Oil refinery with sunset showing defensive cyber attacks for critical infrastructure

Defensive Cyber Attacks Declared Legal by UK AG, Path Cleared to “Hack Back” When Critical Infrastructure & Services Attacked

The Attorney General of the United Kingdom has declared the country can make use of defensive cyber attacks when “key services” (such as critical infrastructure and banks) are struck by foreign threat actors.

The country is taking a formal position on extending international law to the digital realm, something that nations have typically been hesitant to do as espionage attempts are regularly traded back and forth between them. AG Suella Braverman paired the move with an argument before leading policy institute Chatham House that the international principle of non-intervention in the affairs of other sovereign countries should now extend to cyber attacks and countermeasures in a “proportionate” way.
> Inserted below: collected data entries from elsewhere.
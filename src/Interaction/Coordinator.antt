-- ===== src/Interaction/Coordinator.antt =====
-- The in-memory coordinator (include/ccmcp/interaction/interaction_coordinator.h,
-- inmemory_interaction_coordinator.h and src/interaction/inmemory_interaction_coordinator.cpp).
-- Each method holds the mutex from its first line to its last, so that the calls of any threads
-- are one sequence. `transition_index` is an `int64_t`; `Coordinator.Reachable` bounds it.
pub mod Laws
pub mod Reachable
pub mod Replay
pub mod Race
use career_coordination_mcp.Prelude.{
  ℕ, ◌+◌, Str, lit, Bool, true, false, Option, none, some, List, [], ◌∷◌, ◌++◌, if◌then◌else◌,
}
use career_coordination_mcp.Prelude.StringMap.{StringMap, find, assign}
use career_coordination_mcp.Domain.Interaction.{
  InteractionState, draft, InteractionEvent, Interaction, can_transition, apply,
}

pub data TransitionOutcome : Type 0 where
  applied already_applied conflict not_found invalid_transition backend_error : TransitionOutcome

pub record TransitionResult : Type 0 where
  pub outcome : TransitionOutcome
  pub before_state : InteractionState
  pub after_state : InteractionState
  pub transition_index : ℕ
  pub error_message : Str

pub record StateInfo : Type 0 where
  pub state : InteractionState
  pub transition_index : ℕ

pub record InteractionRecord : Type 0 where
  pub interaction : Interaction
  pub transition_index : ℕ

pub record IdempotencyReceipt : Type 0 where
  pub after_state : InteractionState
  pub transition_index : ℕ
  pub applied_event : InteractionEvent

pub record Coordinator : Type 0 where
  pub interactions : StringMap InteractionRecord
  pub idempotency_receipts : StringMap IdempotencyReceipt

abbrev pub empty : Coordinator
empty = record { interactions = []; idempotency_receipts = [] }

-- The key of a receipt: `int_key + ":" + idempotency_key`
abbrev pub idem_key : Str → Str → Str
idem_key interaction_id idempotency_key = interaction_id ++ lit ":" ++ idempotency_key

abbrev not_found_result : Str → TransitionResult
not_found_result int_key = record {
  outcome = not_found;
  before_state = draft;
  after_state = draft;
  transition_index = 0;
  error_message = lit "Interaction not found: " ++ int_key;
}

abbrev already_applied_result : IdempotencyReceipt → TransitionResult
already_applied_result receipt = record {
  outcome = already_applied;
  before_state = receipt.after_state;
  after_state = receipt.after_state;
  transition_index = receipt.transition_index;
  error_message = [];
}

abbrev invalid_result : InteractionRecord → Str → TransitionResult
invalid_result r message = record {
  outcome = invalid_transition;
  before_state = r.interaction.state;
  after_state = r.interaction.state;
  transition_index = r.transition_index;
  error_message = message;
}

-- The writes after a successful `apply`, and the result that reports them
commit :
    Coordinator
    → Str
    → Str
    → InteractionEvent
    → InteractionRecord
    → Interaction
    → Coordinator × TransitionResult
commit c int_key key event r moved =
    let index = r.transition_index + 1 in
    (
      record {
        interactions =
            assign c.interactions int_key
              (record { interaction = moved; transition_index = index });
        idempotency_receipts =
            assign c.idempotency_receipts key (record {
              after_state = moved.state;
              transition_index = index;
              applied_event = event;
            });
      },
      record {
        outcome = applied;
        before_state = r.interaction.state;
        after_state = moved.state;
        transition_index = index;
        error_message = [];
      },
    )

-- From the check of the transition on
transition :
    Coordinator → Str → Str → InteractionEvent → InteractionRecord → Coordinator × TransitionResult
unfolding apply can_transition commit
transition c int_key key event r =
    if can_transition r.interaction event
    then (let (moved, done) = apply r.interaction event in
        if done
        then commit c int_key key event r moved
        else (c, invalid_result r (lit "Failed to apply transition (domain logic rejected)")))
    else (c, invalid_result r (lit "Invalid transition from current state"))

unfoldable pub apply_transition :
    Coordinator → Str → InteractionEvent → Str → Coordinator × TransitionResult
unfolding transition
apply_transition c interaction_id event idempotency_key =
    let key = idem_key interaction_id idempotency_key in
    elim (find c.interactions interaction_id) [
      | none ↦ (c, not_found_result interaction_id)
      | some r ↦ elim (find c.idempotency_receipts key) [
        | some receipt ↦ (c, already_applied_result receipt)
        | none ↦ transition c interaction_id key event r
      ]
    ]

unfoldable pub get_state : Coordinator → Str → Option StateInfo
get_state c interaction_id = elim (find c.interactions interaction_id) [
  | none ↦ none
  | some r ↦ some (record { state = r.interaction.state; transition_index = r.transition_index })
]

unfoldable pub create_interaction : Coordinator → Str → Str → Str → Coordinator × Bool
create_interaction c interaction_id contact_id opportunity_id =
    elim (find c.interactions interaction_id) [
      | some r ↦ (c, false)
      | none ↦ (
        record c {
          interactions = assign c.interactions interaction_id (record {
            interaction = record {
              interaction_id = interaction_id;
              contact_id = contact_id;
              opportunity_id = opportunity_id;
              state = draft;
            };
            transition_index = 0;
          });
        },
        true,
      )
    ]

-- The calls that change the state, and a sequence of them
pub data Call : Type 0 where
  applies : Str → InteractionEvent → Str → Call
  creates : Str → Str → Str → Call

unfoldable pub step : Coordinator → Call → Coordinator
unfolding apply_transition create_interaction
step c (applies id event key) = (apply_transition c id event key).0
step c (creates id contact opportunity) = (create_interaction c id contact opportunity).0

unfoldable pub run : Coordinator → List Call → Coordinator
unfolding step
run c [] = c
run c (call ∷ calls) = run (step c call) calls
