-- ===== src/App/Transition.antt =====
-- `run_interaction_transition` (src/app/app_service.cpp), over the in-memory coordinator.
pub mod Trail
use career_coordination_mcp.Prelude.{
  Str, lit, Bool, true, false, Option, none, some, List, [], ◌∷◌, ◌++◌, if◌then◌else◌, to_string,
}
use career_coordination_mcp.Domain.Interaction.{
  InteractionEvent, prepare, send, receive_reply, close,
}
use career_coordination_mcp.Interaction.Coordinator.{
  TransitionOutcome, applied, already_applied, conflict, not_found, invalid_transition,
  backend_error, TransitionResult, Coordinator, apply_transition,
}
use career_coordination_mcp.Storage.Audit.{EventJson}
use career_coordination_mcp.App.Services.{IdGenerator, Clock, Services, emit}

pub record InteractionTransitionRequest : Type 0 where
  pub interaction_id : Str
  pub event : InteractionEvent
  pub idempotency_key : Str
  pub trace_id : Option Str

abbrev event_name : InteractionEvent → Str
event_name prepare = lit "Prepare"
event_name send = lit "Send"
event_name receive_reply = lit "ReceiveReply"
event_name close = lit "Close"

abbrev outcome_str : TransitionOutcome → Str
outcome_str applied = lit "applied"
outcome_str already_applied = lit "already_applied"
outcome_str conflict = lit "conflict"
outcome_str not_found = lit "not_found"
outcome_str invalid_transition = lit "invalid_transition"
outcome_str backend_error = lit "backend_error"

abbrev pub is_success : TransitionOutcome → Bool
is_success applied = true
is_success already_applied = true
is_success _ = false

abbrev attempted_payload : InteractionTransitionRequest → Str
attempted_payload req =
    lit "{\"interaction_id\":\""
    ++ req.interaction_id
    ++ lit "\",\"event\":\""
    ++ event_name req.event
    ++ lit "\",\"idempotency_key\":\""
    ++ req.idempotency_key
    ++ lit "\"}"

abbrev result_payload : TransitionResult → Str
result_payload result =
    lit "{\"outcome\":\""
    ++ outcome_str result.outcome
    ++ lit "\",\"transition_index\":"
    ++ to_string result.transition_index
    ++ lit "}"

-- `req.trace_id.value_or(...)`
abbrev pub trace_or : Option Str → Str → Str
trace_or none fresh = fresh
trace_or (some trace_id) fresh = trace_id

abbrev pub done_type : Bool → Str
done_type success =
    if success then lit "InteractionTransitionCompleted" else lit "InteractionTransitionRejected"

module _ (dump : EventJson → Str) {Ids Time : Type 0} (id_gen : IdGenerator Ids)
    (clock : Clock Time) where
  -- The trace, the result, the coordinator and the services afterwards; an identifier is drawn for the
  -- trace even where the request names one
  unfoldable pub run_interaction_transition :
      InteractionTransitionRequest
      → Coordinator
      → Services Ids Time
      → Str × TransitionResult × Coordinator × Services Ids Time
  unfolding apply_transition emit
  run_interaction_transition req coordinator services =
      let (fresh, ids) = id_gen.next services.ids (lit "trace") in
      let trace_id = trace_or req.trace_id fresh in
      let attempted =
        emit dump id_gen clock (record services { ids = ids }) trace_id
          (lit "InteractionTransitionAttempted") (attempted_payload req)
          (req.interaction_id ∷ []) in
      let (moved, result) =
        apply_transition coordinator req.interaction_id req.event req.idempotency_key in
      let done =
        emit dump id_gen clock attempted trace_id (done_type (is_success result.outcome))
          (result_payload result) (req.interaction_id ∷ []) in
      (trace_id, result, moved, done)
UK declares intent to use defensive cyber attacks against nation-state threat actors

The move highlights a general lack of international agreement about when defensive cyber attacks should be considered appropriate. There has long been a murky world of online espionage in which countries have tacitly agreed to not respond with military force, due in no small part to degrees of plausible deniability and a great difficulty in displaying concrete evidence to the public that another nation’s covert hacking teams were behind a virtual break-in.

This unofficial understanding has survived in the internet age, even as allies have been caught spying on each other, so long as everyone refrained from using cyber attacks to cause physical damage. Some developments in recent years have strained that arrangement, including Russia’s repeated cyber attacks on services in Ukraine and the recent willingness of cyber criminals to hit foreign critical infrastructure and government agencies with ransomware attacks.

The UK AG has expressed that there is a pressing need to establish formal rules regarding defensive cyber attacks given the demonstrated possibility of devastating incidents that could cause actual damage to civilians, and that existing non-intervention agreements could serve as a launch point. The AG sees an initial step as the establishment of a list of acts considered coercive or disruptive, and what proportional defensive cyber attacks would look like in those cases.

The AG’s remarks cited a number of international incidents that have been attributed to nation-state advanced persistent threat (APT) groups: the July 2021 Microsoft Exchange breaches (attributed to China), the April 2021 Solarwinds breach (attributed to Russia), and the December 2017 WannaCry ransomware outbreak (attributed to North Korea) among them.

The AG also identified four sectors that are considered particularly vulnerable to cyber intrusions: energy security, essential medical care, supply chain disruptions and democratic processes. Outside of Russia’s actions against Ukraine there are not many examples of nation-states attacking each other directly in these areas, but they are all areas that have become an increasing focus for ransomware gangs that disrupt operations for money. North Korean APT groups have been observed conducting ransomware attacks as a means of funding the heavily sanctioned government, a move that Russia might consider as it reaches similar levels of economic isolation in the world.

Troubled histories of international cyber relations, “hack back” attempts portends serious difficulties

Outside of a small handful of regional compacts, such as the one recently adopted by the African Union, there has been no real attempt to expand international law to regulate internet activity. A number of international organizations such as the UN General Assembly and the G20 have at least agreed in principle that international law should also apply to cyberspace, but there has been little meaningful effort to actually hash out firm legal codes and definitions.

The extent to which nations “hack back” with defensive cyber attacks is usually just as secretive a matter as the espionage operations that trigger these responses in the first place. The issue was raised publicly in the US in 2017 with the proposal of the Active Cyber Defense Certainty Act, which would have given individuals and companies the right to some level of defensive cyber attacks against aggressors attempting to disrupt operations or steal files. The bill would have limited the defensive cyber attacks to destruction of any files that were exfiltrated, but it never gathered much steam and did not make it out of committee.

One of the ideas floated during debate over this bill was the use of “beacons” that are functionally similar to a GPS tracker slipped in with stolen money; defensive cyber attacks would be justified against systems holding stolen files that contained these digital locators. This is an approach reportedly used in vigilante efforts conducted by companies that have been compromised, though it is laden with technical difficulties, not the least of which being that raw data can be easily copied from files and separated from the beacon without the defense team’s knowledge.